At one time, years ago, natural stones were used for the establishing and refining of a bevel. But the lapidaries necessary for such extremely refined stones no longer exist, to say nothing of sourcing the strata itself from Earth. So today, Dovo uses a pair of manmade, convex spinning discs to establish their bevels, and thereafter refines with bench stones hand shape to be mildly convex, before finishing on a pasted strop. The spinning discs are coarser, and have a shorter effective diameter, while the bench stones are finer, and have much longer effective diameters. Thus, the bevels are indeed concave, same as ever.

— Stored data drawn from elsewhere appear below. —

-- ===== src/Requests/Chat.antt =====
-- native/src/api.rs: text messages and the move of the own client to a channel.
use Prim.Native.Nat.{ℕ}
use beta.Base.{◌||◌, not, Option, none, some, is_empty, ltb, ◌==◌, if◌then◌else◌}
use beta.Base.Word.{as_u16, u16_max}
use beta.Text.{CString, non_empty}
use beta.Command.{Command, send_message, move_channel}
use beta.Engine.{Engine, is_connected, own_client_id}
use beta.Requests.Queue.{reject, queue_command}

module _ {Tx : Type 0} (send : Tx → Command → Option Tx) (e : Engine Tx) (conn_id : ℕ) where
  unfoldable pub enqueue_text_message : ℕ → ℕ → CString → Engine Tx × ℕ
  enqueue_text_message target_mode target_cid none = reject e
  enqueue_text_message target_mode target_cid (some message) =
      if not (is_connected e conn_id)
      then reject e
      else if is_empty message
      then reject e
      else queue_command send e conn_id (send_message target_mode target_cid message)

  unfoldable pub ts_send_channel_message : ℕ → CString → Engine Tx × ℕ
  unfolding enqueue_text_message
  ts_send_channel_message cid msg = enqueue_text_message 2 0 msg

  unfoldable pub ts_send_private_message : ℕ → CString → Engine Tx × ℕ
  unfolding enqueue_text_message
  ts_send_private_message client_id msg =
      if client_id == 0 || ltb u16_max client_id
      then reject e
      else enqueue_text_message 1 client_id msg

  unfoldable pub ts_send_server_message : CString → Engine Tx × ℕ
  unfolding enqueue_text_message
  ts_send_server_message msg = enqueue_text_message 3 0 msg

  unfoldable pub ts_move_to_channel : ℕ → CString → Engine Tx × ℕ
  ts_move_to_channel cid password =
      if not (is_connected e conn_id)
      then reject e
      else queue_command send e conn_id
          (move_channel (as_u16 (own_client_id e conn_id)) cid (non_empty password))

But the steel itself can withstand much more concaving than practical today at any factory, with no negative effects for the longevity of your razor, so long as you keep exclusively to shaving with it, keeping a low spine angle, and keeping skin well stretched and lathered; for its intended job, concaving a razor bevel toward its metallurgical limits only benefits the shaver. If you intend to use your razor at an angle outside of normal shaving work or upon a surface unlike a well lathered and stretched beard, however, a flat or even a convex bevel will better endure such odd usage of these tools.
There is no wrong or right choice for factory edge/further honed, but please do not believe all factory edges are never ‘Shave Ready’ – that is an absurd, yet common, belief. It is certainly the intention of Dovo when producing the razor that you to only need strop (after wiping off the factory oil!) just prior to shaving to receive a terrific shave. Thanks for reading this, and happy shaving!